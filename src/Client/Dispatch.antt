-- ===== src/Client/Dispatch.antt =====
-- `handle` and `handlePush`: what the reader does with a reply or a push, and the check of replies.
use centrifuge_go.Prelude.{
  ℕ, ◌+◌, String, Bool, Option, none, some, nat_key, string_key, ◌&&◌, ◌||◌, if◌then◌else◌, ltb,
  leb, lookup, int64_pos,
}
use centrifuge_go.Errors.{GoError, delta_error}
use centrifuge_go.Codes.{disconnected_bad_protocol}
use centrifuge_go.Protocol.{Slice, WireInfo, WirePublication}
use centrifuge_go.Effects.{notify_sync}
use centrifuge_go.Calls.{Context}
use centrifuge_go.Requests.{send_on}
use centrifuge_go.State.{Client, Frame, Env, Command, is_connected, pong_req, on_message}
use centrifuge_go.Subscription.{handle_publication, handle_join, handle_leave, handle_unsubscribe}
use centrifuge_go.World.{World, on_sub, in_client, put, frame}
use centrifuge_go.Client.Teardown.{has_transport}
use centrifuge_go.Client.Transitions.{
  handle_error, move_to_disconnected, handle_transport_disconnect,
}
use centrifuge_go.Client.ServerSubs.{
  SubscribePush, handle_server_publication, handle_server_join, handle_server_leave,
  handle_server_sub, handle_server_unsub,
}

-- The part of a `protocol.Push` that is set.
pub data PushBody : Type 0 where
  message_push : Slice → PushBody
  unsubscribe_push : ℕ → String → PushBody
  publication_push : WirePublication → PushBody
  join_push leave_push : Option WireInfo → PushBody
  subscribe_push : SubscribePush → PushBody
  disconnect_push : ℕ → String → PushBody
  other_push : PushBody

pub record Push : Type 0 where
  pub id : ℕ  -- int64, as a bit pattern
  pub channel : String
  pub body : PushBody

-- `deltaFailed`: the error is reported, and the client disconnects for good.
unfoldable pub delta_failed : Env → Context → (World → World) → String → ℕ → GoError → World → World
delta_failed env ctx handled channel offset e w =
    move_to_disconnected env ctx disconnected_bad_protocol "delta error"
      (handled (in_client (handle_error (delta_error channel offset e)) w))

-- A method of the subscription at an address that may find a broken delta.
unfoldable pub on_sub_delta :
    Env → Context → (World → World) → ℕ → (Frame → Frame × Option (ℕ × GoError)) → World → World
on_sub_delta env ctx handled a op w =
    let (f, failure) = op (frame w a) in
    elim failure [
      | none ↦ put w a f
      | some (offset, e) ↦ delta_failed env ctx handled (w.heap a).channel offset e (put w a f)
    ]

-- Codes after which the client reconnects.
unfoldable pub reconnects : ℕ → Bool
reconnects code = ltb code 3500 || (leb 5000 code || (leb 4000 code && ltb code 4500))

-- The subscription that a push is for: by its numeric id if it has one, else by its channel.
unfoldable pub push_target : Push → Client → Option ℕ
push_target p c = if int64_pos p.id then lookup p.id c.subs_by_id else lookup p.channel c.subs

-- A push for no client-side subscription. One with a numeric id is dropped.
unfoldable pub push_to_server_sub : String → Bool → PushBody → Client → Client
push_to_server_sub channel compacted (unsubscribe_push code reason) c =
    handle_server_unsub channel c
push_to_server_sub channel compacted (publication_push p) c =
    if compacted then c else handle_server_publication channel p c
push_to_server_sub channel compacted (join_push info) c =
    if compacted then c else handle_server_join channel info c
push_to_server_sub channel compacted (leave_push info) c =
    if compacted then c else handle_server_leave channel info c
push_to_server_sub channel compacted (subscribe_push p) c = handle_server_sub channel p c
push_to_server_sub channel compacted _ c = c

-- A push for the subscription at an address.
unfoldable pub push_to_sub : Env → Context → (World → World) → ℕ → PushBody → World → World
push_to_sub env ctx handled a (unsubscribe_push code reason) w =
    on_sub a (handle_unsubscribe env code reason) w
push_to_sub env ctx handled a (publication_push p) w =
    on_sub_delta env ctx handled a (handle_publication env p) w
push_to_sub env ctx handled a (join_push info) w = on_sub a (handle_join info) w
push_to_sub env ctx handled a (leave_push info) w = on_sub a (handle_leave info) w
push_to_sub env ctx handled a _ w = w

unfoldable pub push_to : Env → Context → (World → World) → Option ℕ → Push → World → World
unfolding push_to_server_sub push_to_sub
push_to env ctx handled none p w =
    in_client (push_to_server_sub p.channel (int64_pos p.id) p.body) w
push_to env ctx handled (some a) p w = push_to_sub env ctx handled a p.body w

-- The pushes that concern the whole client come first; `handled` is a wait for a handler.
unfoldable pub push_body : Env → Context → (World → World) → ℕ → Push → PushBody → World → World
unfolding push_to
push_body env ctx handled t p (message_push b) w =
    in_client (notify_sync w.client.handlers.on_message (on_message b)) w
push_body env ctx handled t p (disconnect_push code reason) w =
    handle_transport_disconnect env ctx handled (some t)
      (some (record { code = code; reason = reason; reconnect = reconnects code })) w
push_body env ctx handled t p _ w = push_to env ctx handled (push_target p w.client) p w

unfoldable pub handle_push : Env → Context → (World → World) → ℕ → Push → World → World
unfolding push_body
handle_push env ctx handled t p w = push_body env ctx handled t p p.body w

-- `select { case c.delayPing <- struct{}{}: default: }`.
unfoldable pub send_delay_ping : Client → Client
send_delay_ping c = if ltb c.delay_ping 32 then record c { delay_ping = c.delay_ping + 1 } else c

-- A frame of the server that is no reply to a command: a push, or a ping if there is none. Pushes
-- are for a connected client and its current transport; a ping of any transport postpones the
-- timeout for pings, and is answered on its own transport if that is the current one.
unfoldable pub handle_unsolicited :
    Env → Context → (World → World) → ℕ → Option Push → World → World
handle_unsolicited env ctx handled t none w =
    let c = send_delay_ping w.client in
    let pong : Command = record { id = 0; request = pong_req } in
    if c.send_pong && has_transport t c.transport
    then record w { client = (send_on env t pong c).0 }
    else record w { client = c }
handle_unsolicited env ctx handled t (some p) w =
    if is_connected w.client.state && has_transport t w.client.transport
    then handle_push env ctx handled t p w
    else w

◇ ◇ ◇ ◇

DIRECTIONS FOR THIS TASK >>
Among the entries above, locate the lines containing "on_sub_delta env ctx handled a (handle_publication" and "in_client (notify_sync w.client.handlers.on_message", and transcribe exactly those two lines and all lines between.

EXERCISE ANSWER >>
    on_sub_delta env ctx handled a (handle_publication env p) w
push_to_sub env ctx handled a (join_push info) w = on_sub a (handle_join info) w
push_to_sub env ctx handled a (leave_push info) w = on_sub a (handle_leave info) w
push_to_sub env ctx handled a _ w = w

unfoldable pub push_to : Env → Context → (World → World) → Option ℕ → Push → World → World
unfolding push_to_server_sub push_to_sub
push_to env ctx handled none p w =
    in_client (push_to_server_sub p.channel (int64_pos p.id) p.body) w
push_to env ctx handled (some a) p w = push_to_sub env ctx handled a p.body w

-- The pushes that concern the whole client come first; `handled` is a wait for a handler.
unfoldable pub push_body : Env → Context → (World → World) → ℕ → Push → PushBody → World → World
unfolding push_to
push_body env ctx handled t p (message_push b) w =
    in_client (notify_sync w.client.handlers.on_message (on_message b)) w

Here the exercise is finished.